Activity: At the line containing "-- 20 bytes.", begin retyping, and continue word for word until the records below run out.

··· Source data

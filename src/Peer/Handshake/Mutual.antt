-- ===== src/Peer/Handshake/Mutual.antt =====
-- Two clients of src/torrent/peer.cpp that shake hands with what Torrent::parseFile of
-- src/torrent/torrent.cpp builds.
use ytorrent.Base.{
  ℕ, zero, suc, ◌≡◌, ◌↔◌, refl, ap, ap₂, sym, ◌∙◌, List, [], ◌∷◌, ◌++◌, Bool, true, false, not,
  length, take, drop, arith,
}
use ytorrent.Torrent.Sizes.{bytes_equal}
use ytorrent.Torrent.Parse.{build_handshake}
use ytorrent.Soundness.Store.{bytes_equal→eq, bytes_equal_self}
use ytorrent.Peer.Handshake.{is_mismatch, first_is}

take-take : (n : ℕ) (xs ys : List ℕ) → length xs ≡ n → take n (take n xs ++ ys) ≡ xs
take-take zero [] ys e = refl
take-take zero (x ∷ xs) ys e = absurd (omega arith)
take-take (suc n) [] ys e = absurd (omega arith)
take-take (suc n) (x ∷ xs) ys e = ap (λ t. x ∷ t) (take-take n xs ys (omega arith))

hash_of_handshake :
    (hash : List ℕ) → length hash ≡ 20 → take 20 (drop 28 (build_handshake hash)) ≡ hash
unfolding build_handshake
hash_of_handshake hash e = take-take 20 hash _ e

is_mismatch-build_handshake :
    (mine theirs : List ℕ)
    → length mine ≡ 20
    → length theirs ≡ 20
    → is_mismatch (build_handshake mine) (build_handshake theirs) 68 ≡ not (bytes_equal theirs mine)
unfolding is_mismatch first_is build_handshake
is_mismatch-build_handshake mine theirs m t =
    ap₂ (λ a b. not (bytes_equal a b)) (hash_of_handshake theirs t) (hash_of_handshake mine m)

not-not : (b : Bool) → not b ≡ false → b ≡ true
not-not true e = refl
not-not false e = absurd (cc e)

-- Two handshakes of this client are accepted by one another exactly if they name the same info hash, of
-- 20 bytes.
pub is_mismatch-same_hash :
    (mine theirs : List ℕ)
    → length mine ≡ 20
    → length theirs ≡ 20
    → (is_mismatch (build_handshake mine) (build_handshake theirs) 68 ≡ false) ↔ (mine ≡ theirs)
is_mismatch-same_hash mine theirs m t = (
  (λ e. sym (
      bytes_equal→eq theirs mine (
        not-not (bytes_equal theirs mine)
          (sym (is_mismatch-build_handshake mine theirs m t) ∙ e)))),
  (λ e.
      is_mismatch-build_handshake mine theirs m t
      ∙ ap (λ xs. not (bytes_equal theirs xs)) e
      ∙ ap not (bytes_equal_self theirs)),
)
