-- ===== src/Peer/HasPiece.antt =====
-- Peer::hasPiece of src/torrent/peer.hpp: the search finds exactly what stands in the list.
use ytorrent.Base.{
  ℕ, zero, suc, ◌≡◌, refl, List, [], ◌∷◌, some, Bool, true, false, ◌==◌, Occurs, Bool-cases, inl,
  inr, ap, same_of_test, test_of_same,
}
use ytorrent.Client.{has_piece}

pub has_piece→Occurs : (xs : List ℕ) (a : ℕ) → has_piece xs a ≡ true → Occurs a xs
unfolding has_piece
has_piece→Occurs [] a e = absurd (cc e)
has_piece→Occurs (x ∷ xs) a e = elim (Bool-cases (x == a)) [
  | inl same ↦ (0, ap some (same_of_test x a same))
  | inr other ↦ let (i, f) = has_piece→Occurs xs a (simp other at e) in (suc i, f)
]

some_injective : {x a : ℕ} → some x ≡ some a → x ≡ a
some_injective e = cc

pub Occurs→has_piece : (xs : List ℕ) (a : ℕ) → Occurs a xs → has_piece xs a ≡ true
unfolding has_piece
Occurs→has_piece [] a (i, e) = absurd (cc e)
Occurs→has_piece (x ∷ xs) a (zero, e) = rw (test_of_same x a (some_injective e))
Occurs→has_piece (x ∷ xs) a (suc i, e) = elim (Bool-cases (x == a)) [
  | inl same ↦ rw same refl
  | inr other ↦ rw other (Occurs→has_piece xs a (i, e))
]

pub no_piece→not_Occurs : (xs : List ℕ) (a : ℕ) → has_piece xs a ≡ false → ¬ Occurs a xs
no_piece→not_Occurs xs a e o = true_not_false (Occurs→has_piece xs a o) e
  where
    true_not_false : {b : Bool} → b ≡ true → b ≡ false → ⊥
    true_not_false f g = cc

······

Task solution:
-- 20 bytes.
pub is_mismatch-same_hash :
    (mine theirs : List ℕ)
    → length mine ≡ 20
    → length theirs ≡ 20
    → (is_mismatch (build_handshake mine) (build_handshake theirs) 68 ≡ false) ↔ (mine ≡ theirs)
is_mismatch-same_hash mine theirs m t = (
  (λ e. sym (
      bytes_equal→eq theirs mine (
        not-not (bytes_equal theirs mine)
          (sym (is_mismatch-build_handshake mine theirs m t) ∙ e)))),
  (λ e.
      is_mismatch-build_handshake mine theirs m t
      ∙ ap (λ xs. not (bytes_equal theirs xs)) e
      ∙ ap not (bytes_equal_self theirs)),
)
-- ===== src/Peer/HasPiece.antt =====
-- Peer::hasPiece of src/torrent/peer.hpp: the search finds exactly what stands in the list.
use ytorrent.Base.{
  ℕ, zero, suc, ◌≡◌, refl, List, [], ◌∷◌, some, Bool, true, false, ◌==◌, Occurs, Bool-cases, inl,
  inr, ap, same_of_test, test_of_same,
}
use ytorrent.Client.{has_piece}

pub has_piece→Occurs : (xs : List ℕ) (a : ℕ) → has_piece xs a ≡ true → Occurs a xs
unfolding has_piece
has_piece→Occurs [] a e = absurd (cc e)
has_piece→Occurs (x ∷ xs) a e = elim (Bool-cases (x == a)) [
  | inl same ↦ (0, ap some (same_of_test x a same))
  | inr other ↦ let (i, f) = has_piece→Occurs xs a (simp other at e) in (suc i, f)
]

some_injective : {x a : ℕ} → some x ≡ some a → x ≡ a
some_injective e = cc

pub Occurs→has_piece : (xs : List ℕ) (a : ℕ) → Occurs a xs → has_piece xs a ≡ true
unfolding has_piece
Occurs→has_piece [] a (i, e) = absurd (cc e)
Occurs→has_piece (x ∷ xs) a (zero, e) = rw (test_of_same x a (some_injective e))
Occurs→has_piece (x ∷ xs) a (suc i, e) = elim (Bool-cases (x == a)) [
  | inl same ↦ rw same refl
  | inr other ↦ rw other (Occurs→has_piece xs a (i, e))
]

pub no_piece→not_Occurs : (xs : List ℕ) (a : ℕ) → has_piece xs a ≡ false → ¬ Occurs a xs
no_piece→not_Occurs xs a e o = true_not_false (Occurs→has_piece xs a o) e
  where
    true_not_false : {b : Bool} → b ≡ true → b ≡ false → ⊥
    true_not_false f g = cc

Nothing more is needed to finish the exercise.